From the listing below, retype exactly the line holding "(s : ThreadManager) (c d : ThreadContext)", the line holding "-- A thread", and the lines between them; skip everything else.

Input below:

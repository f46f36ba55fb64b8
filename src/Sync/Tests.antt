-- ===== src/Sync/Tests.antt =====
-- The theorems of the locks at concrete threads.
mod Waiting
mod Switching
mod Reading
use cross_shim.Base.{◌≡◌, refl, true, false, none, some, [], ◌∷◌, arith}
use cross_shim.Container.Dict.{lookup}
use cross_shim.Sync.{
  ThreadManager, ThreadContext, EmulatedMutex, running, blocked, no_operation, returns, switches,
}
use cross_shim.Sync.Mutex.{pthread_mutex_lock, pthread_mutex_unlock}
use cross_shim.Sync.RwLock.{
  new_rwlock, find_rwlock, pthread_rwlock_trywrlock, pthread_rwlock_wrlock, pthread_rwlock_unlock,
}
use cross_shim.Sync.Exclusion.{
  MutexesValid, locks, tries, unlocks, resumes, run_mutexes, run-MutexesValid, queued,
}
use cross_shim.Sync.Handover.{lock_held, unlock_wakes}
use cross_shim.Sync.Readers
use cross_shim.Sync.Sharing.{RwLocksValid}
use cross_shim.Sync.Readers.{run_rwlocks, run-RwLocksValid}
use cross_shim.Sync.Recursive.{unlock_twice_taken}

abbrev pub awake : ThreadContext
awake = record {
  state = running;
  detached = false;
  return_value = 0;
  blocked_on_resource = 0;
  sleep_until = 0;
  pc = 64;
  saved_x0 = 0;
  saved_lr = 0;
  others = 0;
  join_wait_queue = [];
  cond_wait_mutex = 0;
  cond_wait_return_addr = 0;
  join_target_thread = 0;
  join_retval_ptr = 0;
  join_return_addr = 0;
  barrier_wait_ptr = 0;
  barrier_wait_return_addr = 0;
  futex_wait_addr = 0;
  futex_wait_return_addr = 0;
  io_operation = no_operation;
  io_fd = none;
  io_buf_ptr = 0;
  io_len = 0;
  io_flags = 0;
  io_addr_ptr = 0;
  io_addrlen_ptr = 0;
  io_return_addr = 0;
  epoll_timeout_ms = none;
  coop_io_start = 0;
  block_next_switch = false;
  mutex_wait_ptr = 0;
  mutex_wait_return_addr = 0;
  rwlock_rdlock_ptr = 0;
  rwlock_rdlock_return_addr = 0;
  rwlock_wrlock_ptr = 0;
  rwlock_wrlock_return_addr = 0;
}

abbrev pub waiting : ThreadContext
waiting = record awake { state = blocked; blocked_on_resource = 512; mutex_wait_ptr = 512 }

abbrev pub held_mutex : EmulatedMutex
held_mutex = record {
  is_locked = true;
  owner_thread = 1;
  lock_count = 1;
  kind = 0;
  wait_queue = 3 ∷ [];
}

-- Thread 2 runs; thread 1 holds the mutex that thread 3 waits for.
abbrev pub threads : ThreadManager
threads = record {
  current_thread_id = 2;
  threads = (1, awake) ∷ (2, awake) ∷ (3, waiting) ∷ [];
  runnable_queue = 1 ∷ [];
  mutexes = (512, held_mutex) ∷ [];
  rwlocks = (768, new_rwlock) ∷ [];
  condvars = [];
  barriers = [];
  tls_data = [];
  tls_destructors = [];
  next_tls_key = 1;
  x0 = 0;
  lr = 4096;
  pc = 8192;
  others = 7;
}

threads-MutexesValid : MutexesValid threads
unfolding lookup
threads-MutexesValid p m e = ground arith

threads-RwLocksValid : RwLocksValid threads
unfolding lookup
threads-RwLocksValid p l e = ground arith

run-MutexesValid_example :
    MutexesValid (
      run_mutexes threads
        ((1, locks 512 0) ∷ (0, unlocks 512) ∷ (2, resumes) ∷ (0, tries 512) ∷ []))
run-MutexesValid_example =
    run-MutexesValid threads
      ((1, locks 512 0) ∷ (0, unlocks 512) ∷ (2, resumes) ∷ (0, tries 512) ∷ [])
      threads-MutexesValid

run-RwLocksValid_example : RwLocksValid (
    run_rwlocks threads
      ((1, Readers.reads 768) ∷ (2, Readers.writes 768) ∷ (1, Readers.unlocks 768) ∷ []))
run-RwLocksValid_example =
    run-RwLocksValid threads
      ((1, Readers.reads 768) ∷ (2, Readers.writes 768) ∷ (1, Readers.unlocks 768) ∷ [])
      threads-RwLocksValid

pub mutex_found : lookup 512 threads.mutexes ≡ some held_mutex
unfolding lookup
mutex_found = refl

pub thread_found : lookup 3 threads.threads ≡ some waiting
unfolding lookup
thread_found = refl

rwlock_found : lookup 768 threads.rwlocks ≡ some new_rwlock
unfolding lookup
rwlock_found = refl
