-- ===== src/Sync/Tests/Reading.antt =====
-- The theorems of the blocking reads at concrete threads.
use cross_shim.Base.{◌≡◌, refl, some, [], ◌∷◌}
use cross_shim.Container.Dict
use cross_shim.Container.Dict.{lookup}
use cross_shim.Sync.{ThreadManager, returns, update_current}
use cross_shim.Sync.Scheduler.{Host}
use cross_shim.Sync.Io.{
  done, would_block, store_received, block_on_io, blocking_read, blocking_read_resume,
  retry_read_io, clear_io,
}
use cross_shim.Sync.Io.Attempts.{Attempts, read_gets_bytes}
use cross_shim.Sync.Tests.{awake, threads}

thread_runs : lookup threads.current_thread_id threads.threads ≡ some awake
unfolding lookup
thread_runs = refl

-- The state after the first attempt, with another X0 in the meantime, and after the second one.
abbrev asked : ThreadManager
asked = record (blocking_read threads (some 5) 1024 16 would_block).0 { x0 = 77 }

abbrev asked_again : ThreadManager
asked_again = (blocking_read_resume asked would_block).0

twice-Attempts :
    Attempts 2 (blocking_read threads (some 5) 1024 16 would_block).0 (asked ∷ []) asked_again
unfolding blocking_read block_on_io update_current lookup Dict.insert blocking_read_resume
    retry_read_io clear_io
twice-Attempts = (refl, refl, (refl, refl))

read_gets_bytes_example :
    let (s', out, written) = blocking_read_resume asked_again (done (65 ∷ 66 ∷ 67 ∷ [])) in
    (out ≡ returns 3)
    × (s'.x0 ≡ 3)
    × (s'.lr ≡ 4096)
    × (written ≡ store_received 1024 (65 ∷ 66 ∷ 67 ∷ []))
read_gets_bytes_example =
    read_gets_bytes threads awake (some 5) 1024 16 (65 ∷ 66 ∷ 67 ∷ []) (asked ∷ []) asked_again
      thread_runs twice-Attempts

-- The descriptor can be read, but not written.
abbrev readable : Host
readable = record { now = 9; poll = λ fd for_input. for_input }
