-- ===== src/Sync/Thread.antt =====
-- The threads of src/thread_manager.cpp: joining, detaching, ending, sleeping, and waiting on a futex.
-- A call is described up to `context_switch`.
pub mod Join
use cross_shim.Base.{
  ℕ, ◌+◌, ◌*◌, Bool, true, false, ◌||◌, not, Option, none, some, List, [], ◌∷◌, ◌++◌, ◌==◌,
  if◌then◌else◌,
}
use cross_shim.Container.Dict
use cross_shim.Container.Dict.{lookup}
use cross_shim.Sync.{
  ThreadManager, ThreadContext, Outcome, returns, switches, runnable, blocked, sleeping, terminated,
  einval, hle_base, is_blocked, update_current, block_current_thread, unblock_thread_internal,
  unblock_all, finish,
}
use cross_shim.Sync.Scheduler.{is_terminated}

abbrev pub esrch : ℕ
esrch = 3

-- The current thread waits for the end of another; X1 holds the guest's pointer for the value.
unfoldable pub wait_to_join : ThreadManager → ℕ → ThreadContext → ℕ → ThreadManager
unfolding update_current block_current_thread
wait_to_join s thread_id target x1 =
    let queued = record target {
      join_wait_queue = target.join_wait_queue ++ s.current_thread_id ∷ [];
    } in
    let s' = record s { threads = Dict.insert thread_id queued s.threads } in
    let saved = update_current s' (λ t. record t {
      join_target_thread = thread_id;
      join_retval_ptr = x1;
      join_return_addr = s.lr;
      pc = hle_base + 0xFFFF8;
    }) in
    block_current_thread saved thread_id

-- The last component is the value that is stored through `retval`.
unfoldable pub pthread_join : ThreadManager → ℕ → ℕ → ThreadManager × Outcome × Option ℕ
unfolding wait_to_join is_terminated
pthread_join s thread_id x1 = elim (lookup thread_id s.threads) [
  | none ↦ (s, returns esrch, none)
  | some target ↦
      if target.detached
      then (s, returns einval, none)
      else if is_terminated target.state
      then (
        record s { threads = Dict.erase thread_id s.threads },
        returns 0,
        some target.return_value,
      )
      else (wait_to_join s thread_id target x1, switches, none)
]

-- The value of the thread that has ended, and the table without it.
unfoldable pub collect :
    ℕ → Option ThreadContext → List (ℕ × ThreadContext) → ℕ × List (ℕ × ThreadContext)
unfolding is_terminated
collect thread_id none threads = (0, threads)
collect thread_id (some target) threads =
    if is_terminated target.state
    then (target.return_value, Dict.erase thread_id threads)
    else (0, threads)

-- The last component is the 64-bit word that is written to the guest's memory, with its address.
unfoldable pub pthread_join_resume : ThreadManager → ThreadManager × Outcome × Option (ℕ × ℕ)
unfolding collect finish
pthread_join_resume s = elim (lookup s.current_thread_id s.threads) [
  | none ↦ (s, returns s.x0, none)
  | some t ↦
      let cleared = record t {
        join_target_thread = 0;
        join_retval_ptr = 0;
        join_return_addr = 0;
      } in
      let threads = Dict.insert s.current_thread_id cleared s.threads in
      let (retval, left) =
        collect t.join_target_thread (lookup t.join_target_thread threads) threads in
      let (s', out) = finish (record s { threads = left }) t.join_return_addr 0 in
      (s', out, if t.join_retval_ptr == 0 then none else some (t.join_retval_ptr, retval))
]

unfoldable pub pthread_detach : ThreadManager → ℕ → ThreadManager × Outcome
unfolding is_terminated
pthread_detach s thread_id = elim (lookup thread_id s.threads) [
  | none ↦ (s, returns esrch)
  | some t ↦
      if is_terminated t.state
      then (record s { threads = Dict.erase thread_id s.threads }, returns 0)
      else (
        record s { threads = Dict.insert thread_id (record t { detached = true }) s.threads },
        returns 0,
      )
]

abbrev pub pthread_self : ThreadManager → ℕ
pthread_self s = s.current_thread_id

-- The threads that wait for the end of the current one are woken.
unfoldable pub pthread_exit : ThreadManager → ℕ → ThreadManager × Outcome
unfolding unblock_all
pthread_exit s retval = elim (lookup s.current_thread_id s.threads) [
  | none ↦ (s, switches)
  | some t ↦
      let ended = record t { return_value = retval; state = terminated; join_wait_queue = [] } in
      let s' = record s { threads = Dict.insert s.current_thread_id ended s.threads } in
      (unblock_all s' t.join_wait_queue, switches)
]

unfoldable pub block_on_futex : ThreadManager → ℕ → ThreadManager × Outcome
unfolding update_current
block_on_futex s futex_addr = (
  update_current s (λ t. record t {
    state = blocked;
    blocked_on_resource = futex_addr;
    futex_wait_addr = futex_addr;
    futex_wait_return_addr = s.lr;
  }),
  switches,
)

unfoldable pub unblock_from_futex : ThreadManager → ℕ → ThreadManager
unfolding is_blocked
unblock_from_futex s thread_id = elim (lookup thread_id s.threads) [
  | none ↦ s
  | some t ↦
      if is_blocked t.state
      then record s {
        threads =
            Dict.insert thread_id
              (record t {
                futex_wait_addr = 0;
                futex_wait_return_addr = 0;
                blocked_on_resource = 0;
                state = runnable;
              })
              s.threads;
        runnable_queue = s.runnable_queue ++ thread_id ∷ [];
      }
      else s
]

-- The time of the host is in nanoseconds.
unfoldable pub sleep_current_thread : ThreadManager → ℕ → ℕ → ThreadManager
unfolding update_current
sleep_current_thread s now microseconds =
    update_current s (λ t. record t { state = sleeping; sleep_until = now + microseconds * 1000 })
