-- ===== src/Sync/Thread/Join.antt =====
-- The value that a thread ends with reaches the one that joins it.
use cross_shim.Base.{
  ℕ, ◌+◌, ◌≡◌, ◌≢◌, refl, true, false, none, some, List, [], ◌∷◌, ◌++◌, arith, ◌==◌, if◌then◌else◌,
  ap, ◌∙◌, sym, Option-cases, inl, inr,
}
use cross_shim.Container.Dict
use cross_shim.Container.Dict.{lookup, lookup-insert, lookup-insert_same, lookup-erase}
use cross_shim.Sync.{
  ThreadManager, ThreadContext, returns, switches, blocked, terminated, hle_base, is_blocked,
  update_current, block_current_thread, unblock_thread_internal, unblock_all, finish,
}
use cross_shim.Sync.Wake.{
  woken, unblock-lookup, unblock-runnable_queue, update_current-lookup, update_current-id,
}
use cross_shim.Sync.Keys.Isolation.{on_thread}
use cross_shim.Sync.Scheduler.{is_terminated}
use cross_shim.Sync.Thread.{wait_to_join, collect, pthread_join, pthread_join_resume, pthread_exit}

-- An update of the current thread leaves the others.
update_current-other :
    (s : ThreadManager) (f : ThreadContext → ThreadContext) (v : ℕ)
    → s.current_thread_id ≢ v
    → lookup v (update_current s f).threads ≡ lookup v s.threads
unfolding update_current
update_current-other s f v ne = elim (Option-cases (lookup s.current_thread_id s.threads)) [
  | inl e ↦ rw (update_current, e) refl
  | inr (c, e) ↦
      rw (update_current, e)
        (lookup-insert s.current_thread_id v (f c) s.threads ∙ ground (arith, ne))
]

module _ (s : ThreadManager) (v x1 : ℕ) (c d : ThreadContext)
    (at : lookup s.current_thread_id s.threads ≡ some c) (target : lookup v s.threads ≡ some d)
    (apart : s.current_thread_id ≢ v) where
  -- The entries of the two threads while the one waits for the other.
  abbrev joiner : ThreadContext
  joiner = record c {
    state = blocked;
    blocked_on_resource = v;
    join_target_thread = v;
    join_retval_ptr = x1;
    join_return_addr = s.lr;
    pc = hle_base + 0xFFFF8;
  }

  abbrev joined : ThreadContext
  joined = record d { join_wait_queue = d.join_wait_queue ++ s.current_thread_id ∷ [] }

  queued-lookup : lookup s.current_thread_id (Dict.insert v joined s.threads) ≡ some c
  queued-lookup = lookup-insert v s.current_thread_id joined s.threads ∙ ground (arith, apart, at)

  wait-joiner : lookup s.current_thread_id (wait_to_join s v d x1).threads ≡ some joiner
  unfolding wait_to_join block_current_thread
  wait-joiner =
      let s' = record s { threads = Dict.insert v joined s.threads } in
      update_current-lookup (update_current s' _) s.current_thread_id _ _ (update_current-id s' _)
        (update_current-lookup s' s.current_thread_id c _ refl queued-lookup)

  wait-joined : lookup v (wait_to_join s v d x1).threads ≡ some joined
  unfolding wait_to_join block_current_thread
  wait-joined =
      let s' = record s { threads = Dict.insert v joined s.threads } in
      update_current-other (update_current s' _) _ v (λ e. apart (sym (update_current-id s' _) ∙ e))
      ∙ update_current-other s' _ v apart
      ∙ lookup-insert_same v joined s.threads

  join-waits :
      d.detached ≡ false
      → is_terminated d.state ≡ false
      → pthread_join s v x1 ≡ (wait_to_join s v d x1, switches, none)
  unfolding pthread_join
  join-waits attached alive = rw (pthread_join, target, attached, alive) refl

-- The end of a thread that one other thread waits for.
module _ (s : ThreadManager) (t v value : ℕ) (c d : ThreadContext)
    (waits : lookup t s.threads ≡ some c) (asleep : is_blocked c.state ≡ true)
    (ends : lookup v s.threads ≡ some d) (queue : d.join_wait_queue ≡ t ∷ []) (apart : t ≢ v) where
  abbrev ended : ThreadContext
  ended = record d { return_value = value; state = terminated; join_wait_queue = [] }

  abbrev without : ThreadManager
  without = record s { current_thread_id = v; threads = Dict.insert v ended s.threads }

  exit-one : (pthread_exit (on_thread s v) value).0 ≡ unblock_thread_internal without t
  unfolding pthread_exit unblock_all
  exit-one = rw (pthread_exit, ends, queue, unblock_all) refl

  still : lookup t without.threads ≡ some c
  still = lookup-insert v t ended s.threads ∙ ground (arith, apart, waits)

  exit-joiner : lookup t (pthread_exit (on_thread s v) value).0.threads ≡ some (woken c)
  exit-joiner = rw (exit-one) (unblock-lookup without t t c still asleep ∙ ground arith)

  exit-target : lookup v (pthread_exit (on_thread s v) value).0.threads ≡ some ended
  exit-target = rw (exit-one) (
      unblock-lookup without t v c still asleep
      ∙ ground (arith, apart, lookup-insert_same v ended s.threads))

  exit-runnable_queue :
      (pthread_exit (on_thread s v) value).0.runnable_queue ≡ s.runnable_queue ++ t ∷ []
  exit-runnable_queue = rw (exit-one) (unblock-runnable_queue without t c still asleep)

-- The thread that joins goes on.
resume-collects :
    (s : ThreadManager) (c d : ThreadContext)
    → lookup s.current_thread_id s.threads ≡ some c
    → lookup c.join_target_thread s.threads ≡ some d
    → s.current_thread_id ≢ c.join_target_thread
    → is_terminated d.state ≡ true
    → let (s', out, written) = pthread_join_resume s in
      (out ≡ returns 0)
      × (s'.lr ≡ c.join_return_addr)
      × (lookup c.join_target_thread s'.threads ≡ none)
      × (written
          ≡ (if c.join_retval_ptr == 0 then none else some (c.join_retval_ptr, d.return_value)))
unfolding pthread_join_resume collect finish
resume-collects s c d at target apart ended =
    let cleared = record c { join_target_thread = 0; join_retval_ptr = 0; join_return_addr = 0 } in
    let threads = Dict.insert s.current_thread_id cleared s.threads in
    let found : lookup c.join_target_thread threads ≡ some d =
      lookup-insert s.current_thread_id c.join_target_thread cleared s.threads
      ∙ ground (arith, apart, target) in
    rw (pthread_join_resume, at, found, collect, ended)
      (
        refl,
        refl,
        lookup-erase c.join_target_thread c.join_target_thread threads ∙ ground arith,
        refl,
      )

-- A thread that joins another one, which is not detached, has not ended and has no other thread that
-- waits for it, is switched away. When the other one then ends with a value, the joiner becomes
-- runnable, last in the queue, and when it runs again the call returns 0 to the caller's address, the
-- value is written at the pointer that was in X1, unless this is 0, and the ended thread is gone.
pub join_gets_value :
    (s : ThreadManager) (v x1 value : ℕ) (c d : ThreadContext)
    → lookup s.current_thread_id s.threads ≡ some c
    → lookup v s.threads ≡ some d
    → s.current_thread_id ≢ v
    → d.detached ≡ false
    → is_terminated d.state ≡ false
    → d.join_wait_queue ≡ []
    → let (s1, joined, stored) = pthread_join s v x1 in
      let s2 = (pthread_exit (on_thread s1 v) value).0 in
      let (s3, out, written) = pthread_join_resume (on_thread s2 s.current_thread_id) in
      (joined ≡ switches)
      × (stored ≡ none)
      × (s2.runnable_queue ≡ s1.runnable_queue ++ s.current_thread_id ∷ [])
      × (out ≡ returns 0)
      × (s3.lr ≡ s.lr)
      × (lookup v s3.threads ≡ none)
      × (written ≡ (if x1 == 0 then none else some (x1, value)))
unfolding is_blocked is_terminated
join_gets_value s v x1 value c d at target apart attached alive empty =
    let t = s.current_thread_id in
    let s1 = wait_to_join s v d x1 in
    let c1 = joiner s v x1 c d at target apart in
    let d1 = joined s v x1 c d at target apart in
    let waits = wait-joiner s v x1 c d at target apart in
    let ends = wait-joined s v x1 c d at target apart in
    let queue : d1.join_wait_queue ≡ t ∷ [] = ap (λ (q : List ℕ). q ++ t ∷ []) empty in
    let s2 = (pthread_exit (on_thread s1 v) value).0 in
    let here = exit-joiner s1 t v value c1 d1 waits refl ends queue apart in
    let gone = exit-target s1 t v value c1 d1 waits refl ends queue apart in
    let (out, back, erased, written) =
      resume-collects (on_thread s2 t) (woken c1) _ here gone apart refl in
    rw (join-waits s v x1 c d at target apart attached alive) (
      refl,
      refl,
      exit-runnable_queue s1 t v value c1 d1 waits refl ends queue apart,
      out,
      back,
      erased,
      written,
    )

End of Input.

* _Written solution_:
    (s : ThreadManager) (c d : ThreadContext)
    → lookup s.current_thread_id s.threads ≡ some c
    → lookup c.join_target_thread s.threads ≡ some d
    → s.current_thread_id ≢ c.join_target_thread
    → is_terminated d.state ≡ true
    → let (s', out, written) = pthread_join_resume s in
      (out ≡ returns 0)
      × (s'.lr ≡ c.join_return_addr)
      × (lookup c.join_target_thread s'.threads ≡ none)
      × (written
          ≡ (if c.join_retval_ptr == 0 then none else some (c.join_retval_ptr, d.return_value)))
unfolding pthread_join_resume collect finish
resume-collects s c d at target apart ended =
    let cleared = record c { join_target_thread = 0; join_retval_ptr = 0; join_return_addr = 0 } in
    let threads = Dict.insert s.current_thread_id cleared s.threads in
    let found : lookup c.join_target_thread threads ≡ some d =
      lookup-insert s.current_thread_id c.join_target_thread cleared s.threads
      ∙ ground (arith, apart, target) in
    rw (pthread_join_resume, at, found, collect, ended)
      (
        refl,
        refl,
        lookup-erase c.join_target_thread c.join_target_thread threads ∙ ground arith,
        refl,
      )

-- A thread that joins another one, which is not detached, has not ended and has no other thread that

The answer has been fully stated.